Ladies, lets face it. The moment you get engaged you turn into full force wedding planning natzi. Your mind starts to race with all the possibilities. You pull up that secret Pinterest board that you have had since you were 16 - you know, the one you have been working on since before you even had a boyfriend -but who is judging ;) Wedding planning is BEAST. Suddenly instead of focusing on becoming… oh I don’t know.. a WIFE, we find ourselves trying to fill the shoes of a wedding coordinator, a vendor scouter, the sole decision maker, the cake taster, and plan all the things WE KNOW NOTHING ABOUT before that shiny diamond was ever on our finger. With an elopement you get to cut out all the nonsense and messy moving parts that honestly won’t matter at the end of the day, and focus solely on what does: The love you share and the commitment you’re making to your best friend. Did I just hear a sigh of relief? And this is only tip 1! (;
GUYS. You can get married anywhere your heart desires. For real. (Hire a photog who knows what they are doing, ahem, Hi! ) and let the magic happen. There are a few factors to look at if traveling internationally like how long do you have to be there to obtain a marriage license, or if needing witnesses is required- but that is when hiring the right photographer comes into play because if were being honest, your photographer is your day of coordinator and them some. But for real, a perk to eloping is that you can choose almost anywhere in the world. If you love to travel, you can even combine your wedding with your honeymoon! SAY WHUT?! Whether you choose to say your vows at the top of a mountain, in the rainforest, on a sandy beach, or 400 feet above the Grand Canyon, the possibilities are truly endless. If traveling is a priority for you and your fiancé, you can make your elopement the once in a lifetime adventure you have always dreamed about!

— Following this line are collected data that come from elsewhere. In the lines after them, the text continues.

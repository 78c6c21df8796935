-- ===== src/Lvm/Execute/ExitCodes.antt =====
-- The five actions other than `lvcreate` do not look at the exit code of their command.
use esos_webui.Common.{List, String, [], passed, refl, select, true, ◌∷◌, ◌≡◌, ◌≢◌}
use esos_webui.Cluster.{SanRow}
use esos_webui.Lvm.Types.{
  LvmAction, lvcreate, ClusterLvmDiskMapping, LvmPayload, ClusterLvmExecutionRequest,
  ClusterLvmNodeResult, ClusterLvmExecutionPlan, ClusterLvmExecutionResult, is_execute,
}
use esos_webui.Shell.Defs.{command_line}
use esos_webui.Lvm.Execute.{
  ExecResult, Attempt, value, thrown, Remote, NodeOutcome, after_command, run_command, run_action,
  run_node, run_nodes, run_plan, settle, Progress, begin, execute_cluster_lvm_plan,
}
use esos_webui.Lvm.Execute.Rounds.{execute-passed}

-- A round that neither throws nor adds an error.
abbrev IsQuiet : Attempt NodeOutcome → Type 0
IsQuiet (thrown m) = ⊥
IsQuiet (value o) = o.errors ≡ []

module _ {W : Type 0} (remote : Remote W) where
  after_command-IsQuiet :
      (node : ClusterLvmNodeResult) (a : Attempt ExecResult × W) (e : ExecResult)
      → a.0 ≡ value e
      → IsQuiet (after_command node a).0
  after_command-IsQuiet node (value r, w) e h = refl
  after_command-IsQuiet node (thrown m, w) e h = cc

  module _
      (answers : (w : W) (id command : String)
        → (e : ExecResult) × ((remote.exec w id command).0 ≡ value e)) where
    run_command-IsQuiet :
        (node : ClusterLvmNodeResult) (args : List String) (w : W)
        → IsQuiet (run_command remote node args w).0
    unfolding run_command
    run_command-IsQuiet node args w =
        let (e, same) = answers w node.san_id (command_line args) in
        after_command-IsQuiet node (remote.exec w node.san_id (command_line args)) e same

    module _ (req : ClusterLvmExecutionRequest) (payload : LvmPayload)
        (disk_mappings : List ClusterLvmDiskMapping) (peer_paths : String → List String) where
      run_action-IsQuiet :
          (action : LvmAction) (node : ClusterLvmNodeResult) (w : W)
          → action ≢ lvcreate
          → IsQuiet (run_action remote req payload disk_mappings peer_paths action node w).0
      unfolding run_action
      run_action-IsQuiet LvmAction.lvcreate node w h = absurd (h refl)
      run_action-IsQuiet LvmAction.bind_scst node w h = refl
      run_action-IsQuiet _ node w h = run_command-IsQuiet node _ w

      run_node-IsQuiet :
          ((w : W) (id : String) → remote.connected w id ≡ true)
          → (action : LvmAction) (node : ClusterLvmNodeResult) (w : W) → action ≢ lvcreate
          → IsQuiet (run_node remote req payload disk_mappings peer_paths action node w).0
      unfolding run_node
      run_node-IsQuiet up action node w h =
          rw (up w node.san_id) (run_action-IsQuiet action node w h)

settle-quiet :
    {W : Type 0} (s : Progress W) (node : ClusterLvmNodeResult) (a : Attempt NodeOutcome × W)
    → IsQuiet a.0
    → s.errors ≡ []
    → (settle s node a).errors ≡ []
unfolding settle
settle-quiet s node (value o, w) h e = rw (e, h)
settle-quiet s node (thrown m, w) h e = absurd h

run_nodes-quiet :
    {W : Type 0} (body : ClusterLvmNodeResult → W → Attempt NodeOutcome × W)
    → ((node : ClusterLvmNodeResult) (w : W) → IsQuiet (body node w).0)
    → (s : Progress W) (nodes : List ClusterLvmNodeResult) → s.errors ≡ []
    → (run_nodes body s nodes).errors ≡ []
unfolding run_nodes
run_nodes-quiet body h s [] e = e
run_nodes-quiet body h s (n ∷ ns) e =
    run_nodes-quiet body h (settle s n (body n s.world)) ns
      (settle-quiet s n (body n s.world) (h n s.world) e)

-- For each of the five actions other than `lvcreate`: if the nodes stay connected and every command
-- ends, with whatever exit code, then a run that is not refused reports success.
pub execute_ignores_exit_codes :
    {W : Type 0} (remote : Remote W) (sans : List SanRow) (plan : ClusterLvmExecutionPlan)
    (req : ClusterLvmExecutionRequest) (payload : LvmPayload)
    (disk_mappings : List ClusterLvmDiskMapping) (peer_paths : String → List String) (w w' : W)
    (r : ClusterLvmExecutionResult)
    → plan.action ≢ lvcreate
    → ((u : W) (id : String) → remote.connected u id ≡ true)
    → ((u : W) (id command : String) → (e : ExecResult) × ((remote.exec u id command).0 ≡ value e))
    → execute_cluster_lvm_plan remote sans plan req payload disk_mappings peer_paths w
      ≡ (passed r, w')
    → r.success ≡ true
unfolding run_plan
execute_ignores_exit_codes remote sans plan req payload disk_mappings peer_paths w w' r action up
      answers h =
    let (c, cleared, same) =
      execute-passed remote sans plan req payload disk_mappings peer_paths w r w' h in
    let quiet =
      run_nodes-quiet (run_node remote req payload disk_mappings peer_paths plan.action)
        (λ node u.
          run_node-IsQuiet remote answers req payload disk_mappings peer_paths up plan.action node u
            action)
        (begin w) (select (λ n. is_execute n.participation) plan.node_results) refl in
    rw same (rw quiet refl)
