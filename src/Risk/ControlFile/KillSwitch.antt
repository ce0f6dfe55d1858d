-- ===== src/Risk/ControlFile/KillSwitch.antt =====
-- The emergency stop, whatever the two processes do after it.
use short_trading_bot.Base.{Bool, ℕ, ◌<◌, ◌≡◌, ◌⊎◌, true, List, [], ◌∷◌}
use short_trading_bot.Domain.Enums.{stopped}
use short_trading_bot.Risk.ControlFile.{
  Action, pausing, resuming, stopping, command, World, control_round, start_engine, set_control,
  engine_sold, end_engine,
}

-- What can happen to the two processes, at any time and in any order; a `restart` follows a crash at
-- any point as well.
pub data Step : Type 0 where
  set : Action → Step
  round restart : Step
  sold left : Bool → Step

unfoldable pub step : Step → World → World
step (set a) w = set_control a w
step round w = control_round w
step restart w = start_engine w
step (sold is_flat) w = engine_sold is_flat w
step (left is_flat) w = end_engine is_flat w

unfoldable pub steps : List Step → World → World
steps [] w = w
steps (s ∷ rest) w = steps rest (step s w)

-- no command but the stop, and no end of the engine with everything sold
abbrev pub IsQuiet : Step → Type 0
IsQuiet (set pausing) = ⊥
IsQuiet (set resuming) = ⊥
IsQuiet (left true) = ⊥
IsQuiet _ = Unit

-- The stop is the last command, the marker is there, and the engine is stopped or is going to read
-- the stop.
abbrev pub IsHalting : ℕ → World → Type 0
IsHalting seq w =
    (w.marker ≡ true)
    × (w.file ≡ command seq stopping)
    × ((w.control.state ≡ stopped) ⊎ (w.applied < seq))
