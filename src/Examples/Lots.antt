-- ===== src/Examples/Lots.antt =====
-- A lot that is bought twice and sold in two parts, and its theorems at that run.
use short_trading_bot.Base.{ℕ, ◌/◌, ◌<◌, ◌≡◌, refl, false, none, some, List, [], ◌∷◌, arith}
use short_trading_bot.Base.Int.{pos, negsuc, ◌+ℤ◌, ◌-ℤ◌, ◌*ℤ◌}
use short_trading_bot.Domain.Enums.{d1, krx, krw, buy, sell, watching, holding, closed, cancelled}
use short_trading_bot.Domain.Signal.{trim, Intent, OrdDvsn}
use short_trading_bot.Domain.Position.{
  Lot, LotFill, Snapshot, blended, on_bar, begin_exit, Strategy, apply_fill, transition_to,
}
use short_trading_bot.Domain.Position.Accounting.{
  IsDivision, apply_fills, net, total_cash, buy_fees, net-apply_fills,
}
use short_trading_bot.Domain.Position.Machine.{
  Call, IsSound, perform, perform_all, perform_all-IsSound, cancelled_orphan,
}

abbrev pub floor : ℕ → ℕ → ℕ
floor n d = n / d

abbrev pub fresh : Lot
fresh = record {
  lot_id = 1;
  ticker = 5930;
  market = krx;
  currency = krw;
  resolution = d1;
  state = watching;
  qty = 0;
  avg_entry = 0;
  realized_pnl = pos 0;
  peak_price = 0;
  bars_held = 0;
  initial_stop = none;
  original_qty = 0;
  tp_rungs_taken = 0;
  pending_stop = some 90;
  pending_original_qty = none;
}

abbrev bought_at : ℕ → ℕ → LotFill
bought_at qty price = record {
  side = buy;
  qty = qty;
  price = price;
  fee = 2;
  tax = 0;
  is_add = false;
}

abbrev sold_at : ℕ → ℕ → LotFill
sold_at qty price = record {
  side = sell;
  qty = qty;
  price = price;
  fee = 3;
  tax = 4;
  is_add = false;
}

abbrev trades : List LotFill
trades = bought_at 10 100 ∷ bought_at 10 200 ∷ sold_at 5 180 ∷ sold_at 15 140 ∷ []

trades_close :
    let lot = apply_fills floor trades fresh in
    (lot.state ≡ closed) × (lot.realized_pnl ≡ negsuc 13)
unfolding apply_fills apply_fill ◌+ℤ◌ ◌-ℤ◌ ◌*ℤ◌
trades_close = (refl, refl)

net-apply_fills_example :
    net (apply_fills floor trades fresh) ≡ net fresh +ℤ total_cash trades +ℤ pos (buy_fees trades)
unfolding apply_fill blended
net-apply_fills_example =
    net-apply_fills floor trades fresh
      (λ e. cc, (λ e. cc, (λ e. omega arith, (λ e. omega arith, tt))))
      (λ e. refl, (λ e. refl, (λ e. cc, (λ e. cc, tt))))

floor-IsDivision : IsDivision floor
floor-IsDivision = record {
  at_least = λ lo n d p h. grind arith;
  at_most = λ hi n d p h. grind arith;
}

abbrev later_trades : List LotFill
later_trades = bought_at 10 200 ∷ sold_at 5 180 ∷ []

abbrev held : Lot
held = record fresh { state = holding; qty = 10; avg_entry = 100; peak_price = 100 }

abbrev calls : List Call
calls =
    Call.apply_fill (bought_at 10 100)
    ∷ Call.on_bar 130
    ∷ Call.begin_exit
    ∷ Call.transition closed
    ∷ Call.apply_fill (sold_at 10 120)
    ∷ Call.apply_fill (bought_at 3 110)
    ∷ []

calls_reopen : let lot = perform_all floor calls fresh in (lot.state ≡ holding) × (lot.qty ≡ 3)
unfolding perform_all perform apply_fill on_bar begin_exit transition_to
calls_reopen = (refl, refl)

perform_all-IsSound_example : IsSound (perform_all floor calls fresh)
perform_all-IsSound_example = perform_all-IsSound floor calls fresh (ground arith)

abbrev retired : Lot
retired = record fresh { state = cancelled }

cancelled_orphan_example :
    let lot' = (apply_fill floor (bought_at 10 100) retired).0 in
    (0 < lot'.qty) × ((perform_all floor calls lot').state ≡ cancelled)
cancelled_orphan_example =
    cancelled_orphan floor (bought_at 10 100) calls retired refl (omega arith) refl

abbrev take_profit : Intent
take_profit = record {
  kind = trim;
  side = sell;
  qty = none;
  fraction = some (1, 3);
  ord_dvsn = OrdDvsn.market;
  price = 0;
  stop_price = none;
  reason = "take_profit_1";
}

abbrev ladder : Strategy
ladder = record { warmup_bars = 60; decide = λ ctx. take_profit ∷ [] }

abbrev bar : Snapshot
bar = record { resolution = d1; bar_count = 80; close = 120 }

You and your better half are not your average Joe. You two don’t care about social norms nor impressing anyone with the latest and greatest place settings or centerpieces. You two march to the beat of your own drum and always like to take the path less traveled. You do things others may say is ‘edgy’ or ‘different’. You could care less about how many people dance to the cha-cha slide at your reception, and don’t even remember inviting uncle Rob (or is he even your uncle?) Elopements give you the chance to tweak and cater your day to FIT you and your personalities the best. If you truly are a gypsy soul and want to do something different, pick an elopement destination as unique and adventurous as you are. With an elopement, you’re suddenly not forced to choose the town that most of your friends and family live, but a place that makes you feel the most alive. Maybe it is a place on your bucket list, or maybe it is a special place where you shared your first kiss. Elopements allow you the freedom to choose any wild, adventurous, special destination your heart desires.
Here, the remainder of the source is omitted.